I should add, if there's any kind of mains cables coming out of, or coiled up inside the case and attached to a motor driving the clock, *DO NOT just stick a plug on it*, the clock will be unsafe to plug into the mains and could be lethal if you do not know how to test it! It will likely need specialist help to get running! Anything of this sort of age ELECTRICAL should be treated with respect, it will not have been made to current safety standards.

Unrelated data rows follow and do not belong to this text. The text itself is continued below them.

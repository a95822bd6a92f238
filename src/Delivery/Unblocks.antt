-- ===== src/Delivery/Unblocks.antt =====
-- Unblock commands: those of the whitelist handlers and those of `BlockManager.Unblock`.
use kerneleye.Base.{ap, ◌∙◌, sym, ◌^◌, ◌<◌, ◌≡◌, ◌≢◌, refl, true, none, some, [], arith, length}
use kerneleye.Base.Str.{Str, str, str_eq}
use kerneleye.Base.Int.{ℤ, pos}
use kerneleye.Base.Word.{InI64}
use kerneleye.Signing.{Sys, SysLaws, CollisionFree, sign}
use kerneleye.Commands.{
  BlockCommand, Env, Client, Reject, Call, verify_command, process_command, obey, persist_nonce,
  dispatch, issued_nano, blocklist, ratelimit, payload_of,
}
use kerneleye.Commands
use kerneleye.Commands.Verify.{verify_command-Accepted, process_command-none}
use kerneleye.Commands.Authentic.{IsWire, signed-Agrees}
use kerneleye.Hub.{HubCommand}
use kerneleye.Stream.{to_wire, wire_action, wire_type, signed_action, signed_type, sign_hub_command}
use kerneleye.BlockManager.{sign_command, unblock_command, text_or}
use kerneleye.Delivery.{Ready, IsUnsigned, streamed, to_wire-sign, streamed_accepted}

module _ (ip reason : Str) where
  -- What `signHubCommand` signs for an unblock of a block type.
  abbrev hub_unblock : Str → HubCommand
  hub_unblock block_type = record {
    action = str "unblock";
    ip = ip;
    duration = none;
    reason = reason;
    block_id = none;
    block_type = some block_type;
    signature = none;
    nonce = none;
    issued_at_unix_nano = none;
  }

  -- It signs as the block manager does.
  hub_unblock-sign :
      (s : Sys) (key : Str) (nonce acted_at : ℤ) (block_type : Str)
      → sign_hub_command s key nonce acted_at (str "unblock") ip reason block_type (pos 0)
        ≡ sign_command s key nonce acted_at (hub_unblock block_type)
  unfolding sign_hub_command sign_command
  hub_unblock-sign s key nonce acted_at block_type = refl

-- The two lists that a whitelisted address is taken off.
pub data Listed : Type 0 where
  on_blocklist on_ratelimit : Listed

abbrev pub list_name : Listed → Str
list_name on_blocklist = str "blocklist"
list_name on_ratelimit = str "ratelimit"

abbrev pub list_type : Listed → Commands.BlockType
list_type on_blocklist = blocklist
list_type on_ratelimit = ratelimit

module _ (ip reason : Str) where
  listed_codes :
      (l : Listed)
      → let cmd = hub_unblock ip reason (list_name l) in
        (wire_action cmd.action cmd.block_type ≡ signed_action cmd.action)
        × (wire_type cmd.block_type ≡ signed_type (text_or cmd.block_type))
  unfolding wire_action wire_type signed_action signed_type str_eq
  listed_codes on_blocklist = (refl, refl)
  listed_codes on_ratelimit = (refl, refl)

  listed_dispatch :
      (s : Sys) (key : Str) (nonce acted_at : ℤ) (c : Client) (l : Listed)
      → c.has_on_unblock ≡ true
      → dispatch c (streamed s key nonce acted_at (hub_unblock ip reason (list_name l)))
        ≡ some (Commands.Call.unblock ip (list_type l) reason)
  unfolding dispatch wire_action wire_type str_eq
  listed_dispatch s key nonce acted_at c on_blocklist hu = rw hu
  listed_dispatch s key nonce acted_at c on_ratelimit hu = rw hu

-- An unblock that the whitelist handlers sign for either list is streamed, and at an agent that is
-- ready for it reaches the unblock callback with its address, its list and its reason; its nonce
-- becomes the agent's last one. The address is not empty and the callback is set.
pub hub_unblock_delivered :
    (s : Sys) (laws : SysLaws s) (key : Str) (nonce acted_at now : ℤ) (env : Env) (c : Client)
    (ip reason : Str) (l : Listed)
    → Ready key nonce acted_at env c
    → ip ≢ []
    → c.has_on_unblock ≡ true
    → (w : BlockCommand) × (to_wire s now
          (sign_hub_command s key nonce acted_at (str "unblock") ip reason (list_name l) (pos 0))
        ≡ some w)
      × (process_command s env c w ≡ (
        some (Commands.Call.unblock ip (list_type l) reason),
        persist_nonce s env (record c { tracker = record { last_seen = nonce } }) nonce,
      ))
hub_unblock_delivered s laws key nonce acted_at now env c ip reason l r hip hu = (
  streamed s key nonce acted_at cmd,
  ap (to_wire s now) (hub_unblock-sign ip reason s key nonce acted_at (list_name l))
      ∙ to_wire-sign s laws key nonce acted_at now cmd r.has_key r.in_range unsigned,
  streamed_accepted s laws key nonce acted_at env c cmd r (listed_codes ip reason l).0
        (listed_codes ip reason l).1
      ∙ ap (λ o. (o, c')) (listed_dispatch ip reason s key nonce acted_at c l hu),
)
  where
    cmd : HubCommand
    cmd = hub_unblock ip reason (list_name l)

    c' : Client
    c' = persist_nonce s env (record c { tracker = record { last_seen = nonce } }) nonce

    unsigned : IsUnsigned cmd
    unsigned = record { has_ip = hip; no_signature = refl; no_nonce = refl; no_time = refl }

module _ (s : Sys) (key : Str) (nonce acted_at : ℤ) (ip reason : Str) where
  -- What the stream makes of the block manager's unblock, and the command that it has signed.
  abbrev sent_unblock : BlockCommand
  sent_unblock = streamed s key nonce acted_at (unblock_command ip reason)

  abbrev signed_unblock : BlockCommand
  signed_unblock = record sent_unblock { block_type = pos 0 }

  unblock-types : (sent_unblock.block_type ≡ pos 1) × (sent_unblock.action ≡ pos 1)
  unfolding unblock_command wire_type wire_action str_eq
  unblock-types = (refl, refl)

  unblock-signature : sent_unblock.signature ≡ sign s key nonce (payload_of signed_unblock)
  unfolding unblock_command payload_of wire_action signed_action signed_type str_eq
  unblock-signature = refl

  unblock-IsWire :
      length ip < 2 ^ 32
      → length reason < 2 ^ 32
      → InI64 nonce × InI64 acted_at
      → IsWire sent_unblock × IsWire signed_unblock
  unfolding unblock_command wire_type wire_action str_eq issued_nano
  unblock-IsWire hi hr h = ground arith

  unblock-IsUnsigned : ip ≢ [] → IsUnsigned (unblock_command ip reason)
  unfolding unblock_command
  unblock-IsUnsigned h = record { has_ip = h; no_signature = refl; no_nonce = refl; no_time = refl }

-- `BlockManager.Unblock` names no block type: it signs the code of an unspecified one, while the
-- stream sends that of the block list. So an agent that holds the same key never accepts its command: it
-- calls nothing and keeps its state, at any time and whatever its last nonce. The address is not
-- empty, the texts are shorter than 2 ^ 32 bytes, both readings of the clock are int64, and the hash
-- has no collision under the key.
pub manager_unblock_rejected :
    (s : Sys) (laws : SysLaws s) (nonce acted_at now : ℤ) (env : Env) (c : Client) (ip reason : Str)
    → env.key ≢ []
    → CollisionFree s env.key
    → ip ≢ []
    → length ip < 2 ^ 32
    → length reason < 2 ^ 32
    → InI64 nonce × InI64 acted_at
    → (w : BlockCommand) × (to_wire s now
          (sign_command s env.key nonce acted_at (unblock_command ip reason))
        ≡ some w)
      × (process_command s env c w ≡ (none, c))
manager_unblock_rejected s laws nonce acted_at now env c ip reason hk free hip si sr range = (
  w,
  to_wire-sign s laws env.key nonce acted_at now _ hk range
      (unblock-IsUnsigned s env.key nonce acted_at ip reason hip),
  process_command-none s env c w never,
)
  where
    w : BlockCommand
    w = sent_unblock s env.key nonce acted_at ip reason

    wires : IsWire w × IsWire (signed_unblock s env.key nonce acted_at ip reason)
    wires = unblock-IsWire s env.key nonce acted_at ip reason si sr range

    never : (c' : Client) → verify_command s env c w ≢ (none, c')
    never c' e =
        let accepted = verify_command-Accepted s env c w e in
        let agrees =
          signed-Agrees s env.key w (signed_unblock s env.key nonce acted_at ip reason) free wires.0
            wires.1 (sym accepted.signed ∙ unblock-signature s env.key nonce acted_at ip reason) in
        cc (agrees.same_type, (unblock-types s env.key nonce acted_at ip reason).0)
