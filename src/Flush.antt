-- ===== src/Flush.antt =====
-- agent/flush.go and agent/flush_proto.go: sending the statistics to the backend. What the fields of an
-- event are made of is here and in Snapshot; sending, retrying and buffering are in Send.
pub mod Snapshot
pub mod Send
pub mod Retry
pub mod Keep
use kerneleye.Base.{
  ℕ, ◌+◌, ◌-◌, ◌*◌, ◌/◌, ◌^◌, ◌≤◌, ◌≡◌, Bool, true, false, ◌&&◌, ◌||◌, List, [], ◌∷◌, length, ltb,
  leb, ◌==◌, if◌then◌else◌, arith,
}
use kerneleye.Base.Int.{ℤ}
use kerneleye.Scoring.{ThreatLevel, ThreatType, Direction}
use kerneleye.Proto.{TrafficResponse, WireLevel, WireType, WireDirection}
use kerneleye.Aggregator.{dir_outbound}

-- What `time.AddDate` gives a year back and a year ahead.
pub record Calendar : Type 0 where
  pub year_ago : ℕ → ℕ
  pub year_ahead : ℕ → ℕ

pub record CalendarLaws (c : Calendar) : Type 0 where
  pub ago : (now : ℕ) → c.year_ago now ≤ now
  pub ahead : (now : ℕ) → now ≤ c.year_ahead now

-- The first test of `sanitizeStatsWindow`, on either end; 0 is Go's zero time.
unfoldable pub plausible : Calendar → ℕ → ℕ → ℕ
plausible c now t = if t == 0 || ltb t (c.year_ago now) || ltb (c.year_ahead now) t then now else t

unfoldable pub sanitize_stats_window : Calendar → ℕ → ℕ → ℕ → ℕ × ℕ
unfolding plausible
sanitize_stats_window c first last now =
    let first' = plausible c now first in
    let last' = plausible c now last in
    if ltb last' first' then (first', first') else (first', last')

-- `isFullyAccepted`, without its reason; a nil response is an error of the call here.
unfoldable pub is_fully_accepted : TrafficResponse → ℕ → Bool
is_fully_accepted resp submitted = resp.success && resp.events_processed == submitted

unfoldable pub to_proto_threat_level : ThreatLevel → WireLevel
to_proto_threat_level ThreatLevel.malicious = WireLevel.malicious
to_proto_threat_level ThreatLevel.suspicious = WireLevel.suspicious
to_proto_threat_level ThreatLevel.normal = WireLevel.normal

unfoldable pub to_proto_threat_type : ThreatType → WireType
to_proto_threat_type ThreatType.port_scan = WireType.port_scan
to_proto_threat_type ThreatType.service_abuse = WireType.service_abuse
to_proto_threat_type ThreatType.syn_flood = WireType.syn_flood
to_proto_threat_type ThreatType.failed_handshake = WireType.failed_handshake
to_proto_threat_type ThreatType.connection_burst = WireType.connection_burst
to_proto_threat_type ThreatType.no_threat = WireType.no_threat

unfoldable pub get_scoring_direction : ℕ → Direction
get_scoring_direction dir = if dir == dir_outbound then Direction.outbound else Direction.inbound

-- `pb.Direction(stats.Direction + 1)`, at the two values that the probe gives.
unfoldable pub wire_direction : ℕ → WireDirection
wire_direction dir = if dir == 0 then WireDirection.inbound else WireDirection.outbound

-- The window's length, and 0 where it makes no sense.
unfoldable pub connection_duration_ms : ℕ → ℕ → ℕ
connection_duration_ms first last =
    let ms = (last - first) / 10 ^ 6 in
    if ltb last first || ltb (24 * 60 * 60 * 1000) ms then 0 else ms

-- Both ends lie within a year of the clock, the start before the end.
pub sanitize_stats_window_sound :
    (c : Calendar) (laws : CalendarLaws c) (first last now : ℕ)
    → (c.year_ago now ≤ (sanitize_stats_window c first last now).0)
      × ((sanitize_stats_window c first last now).0 ≤ (sanitize_stats_window c first last now).1)
      × ((sanitize_stats_window c first last now).1 ≤ c.year_ahead now)
unfolding sanitize_stats_window plausible
sanitize_stats_window_sound c laws first last now = ground (arith, laws.ago now, laws.ahead now)
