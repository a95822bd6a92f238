-- ===== src/Scoring/Components.antt =====
-- shared/scoring/scorer.go: the confidence and the components of a score but for the port scan's.
use kerneleye.Base.{ℕ, ◌+◌, Bool, ◌&&◌, not, ltb, leb, ◌==◌, if◌then◌else◌}
use kerneleye.Float.{Float, num}
use kerneleye.Scoring.{ThreatScorer, IpMetrics, is_outbound}

unfoldable pub calculate_confidence : (f : Float) → ThreatScorer f → f.F → f.F
calculate_confidence f ts duration =
    let least = f.seconds ts.min_window_duration in
    let conf = f.div duration least in
    if f.le least duration
    then num f 1
    else if f.lt conf (f.decimal 1 1)
    then f.decimal 1 1
    else conf

-- Whether many packets with few SYNs among them hide a moderate SYN rate.
unfoldable pub syn_suppressed : (f : Float) → ThreatScorer f → f.F → IpMetrics f → Bool
syn_suppressed f ts syn_rate m =
    let total = m.syn_count + m.ack_count in
    ltb 10 total
    && f.le syn_rate ts.suspicious_syn_rate
    && f.lt (f.div (num f m.syn_count) (num f total)) (f.decimal 5 1)

unfoldable pub calculate_syn_score : (f : Float) → ThreatScorer f → f.F → IpMetrics f → f.F
unfolding syn_suppressed
calculate_syn_score f ts syn_rate m =
    if f.le syn_rate ts.normal_syn_rate
    then num f 0
    else if syn_suppressed f ts syn_rate m
    then num f 0
    else if f.lt ts.suspicious_syn_rate syn_rate
    then f.add (num f 5)
        (f.mul (f.log10 (f.add (f.sub syn_rate ts.suspicious_syn_rate) (num f 1))) (num f 3))
    else f.div (f.sub syn_rate ts.normal_syn_rate) ts.normal_syn_rate

-- The multiple of the usual threshold that outbound traffic must pass.
abbrev threshold_multiplier : (f : Float) → IpMetrics f → f.F
threshold_multiplier f m = if is_outbound m.direction then num f 2 else num f 1

-- What the failures are penalised by in the default case.
abbrev penalty : (f : Float) → ThreatScorer f → f.F → IpMetrics f → f.F
penalty f ts failed_rate m =
    let p =
      f.mul (f.sub failed_rate (f.mul ts.failed_handshake_rate (threshold_multiplier f m)))
        (f.decimal 15 1) in
    if is_outbound m.direction then f.mul p (f.decimal 5 1) else p

unfoldable pub calculate_failed_score : (f : Float) → ThreatScorer f → f.F → IpMetrics f → f.F
calculate_failed_score f ts failed_rate m =
    let multiplier = threshold_multiplier f m in
    let total = m.failed_handshakes + m.established_connections in
    let ratio = f.div (num f m.failed_handshakes) (num f total) in
    if ltb m.failed_handshakes 3
    then num f 0
    else if f.le failed_rate (f.mul ts.failed_handshake_rate multiplier)
    then num f 0
    else if not (ltb 0 total)
    then penalty f ts failed_rate m
    else if f.lt ratio (f.decimal 5 1) && ltb 5 m.established_connections
    then num f 0
    else if f.lt (f.mul (num f 5) multiplier) failed_rate && f.lt (f.decimal 6 1) ratio
    then f.add (if is_outbound m.direction then num f 2 else num f 3)
        (f.sub failed_rate (f.mul ts.failed_handshake_rate multiplier))
    else if f.lt (f.decimal 9 1) ratio && leb 5 m.failed_handshakes
    then f.add (num f 3) (f.sub failed_rate ts.failed_handshake_rate)
    else penalty f ts failed_rate m

-- The severity of a rate of hits, and of their number.
unfoldable pub rate_severity : (f : Float) → f.F → f.F
rate_severity f hits_per_sec =
    if f.le (num f 50) hits_per_sec
    then num f 10
    else if f.le (num f 25) hits_per_sec
    then num f 7
    else if f.le (num f 10) hits_per_sec
    then num f 5
    else num f 3

unfoldable pub volume_severity : (f : Float) → ℕ → f.F
volume_severity f hits =
    if leb 1000 hits
    then num f 10
    else if leb 500 hits
    then num f 8
    else if leb 200 hits
    then num f 6
    else if leb 100 hits
    then num f 4
    else num f 0

unfoldable pub calculate_service_abuse_score :
    (f : Float) → ThreatScorer f → IpMetrics f → f.F → f.F
unfolding rate_severity volume_severity
calculate_service_abuse_score f ts m window =
    let effective = if f.lt window (num f 1) then num f 1 else window in
    let severity = rate_severity f (f.div (num f m.max_port_hits) effective) in
    let volume = volume_severity f m.max_port_hits in
    if ltb m.max_port_hits ts.service_abuse_threshold
    then num f 0
    else if f.lt severity volume
    then volume
    else severity

unfoldable pub volume_score : (f : Float) → ℕ → f.F
volume_score f initiations =
    if ltb 1000 initiations
    then num f 3
    else if ltb 500 initiations
    then num f 2
    else if ltb 200 initiations
    then num f 1
    else num f 0

unfoldable pub calculate_burst_score : (f : Float) → f.F → f.F → ℕ → ℕ → f.F
unfolding volume_score
calculate_burst_score f rate duration total_connections syn_count =
    let volume = volume_score f (if syn_count == 0 then total_connections else syn_count) in
    let adaptive = f.mul (num f 10) (f.max (num f 1) (f.div duration (num f 60))) in
    if f.lt duration (num f 10) && f.lt (num f 20) rate
    then num f 5
    else if f.lt adaptive rate
    then f.add (f.mul (f.log10 (f.div rate adaptive)) (num f 5)) volume
    else volume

Welcome to RLT, it's a good place to be!


----------



## vinn (Jun 14, 2015)

alternating current, high voltage --- deadly ! SOMTHING YOU CANT SEE, but it can kill you. here is my quote: an electrician is just a reincarnated mechanic


----------



## SwanningAbout (Dec 7, 2015)

Apologies. I've mislead you slightly. I should have said this is actually a clockwork clock powered by a dropping weight. No electric motors and no mains plugs or leads. However it does have "Magneta London" on its face. My question therefore is: did Magneta make clockwork clocks or has this one simply gained a new face attached to an existing mechanism?

Once I figure out how to upload a picture I can show you more. :wacko:


----------



## vinn (Jun 14, 2015)

go to your room --


----------



## mel (Dec 6, 2006)

At a pure guess, maybe it is a Magneta clockwork clock - - if so it would use a generic type mechanical movement, sort of badge engineering job.

Photos probably essential for someone to help you more! :yes:

Photos of Dial, Back of mechanism, as clear and sharp as you caan get, and showing any marks or writing on the back plates, and on the case inside, paper labels anything like that

Have you Googled Magneta clocks for info? - - for Google is your friend on 'tinterweb thingy!


----------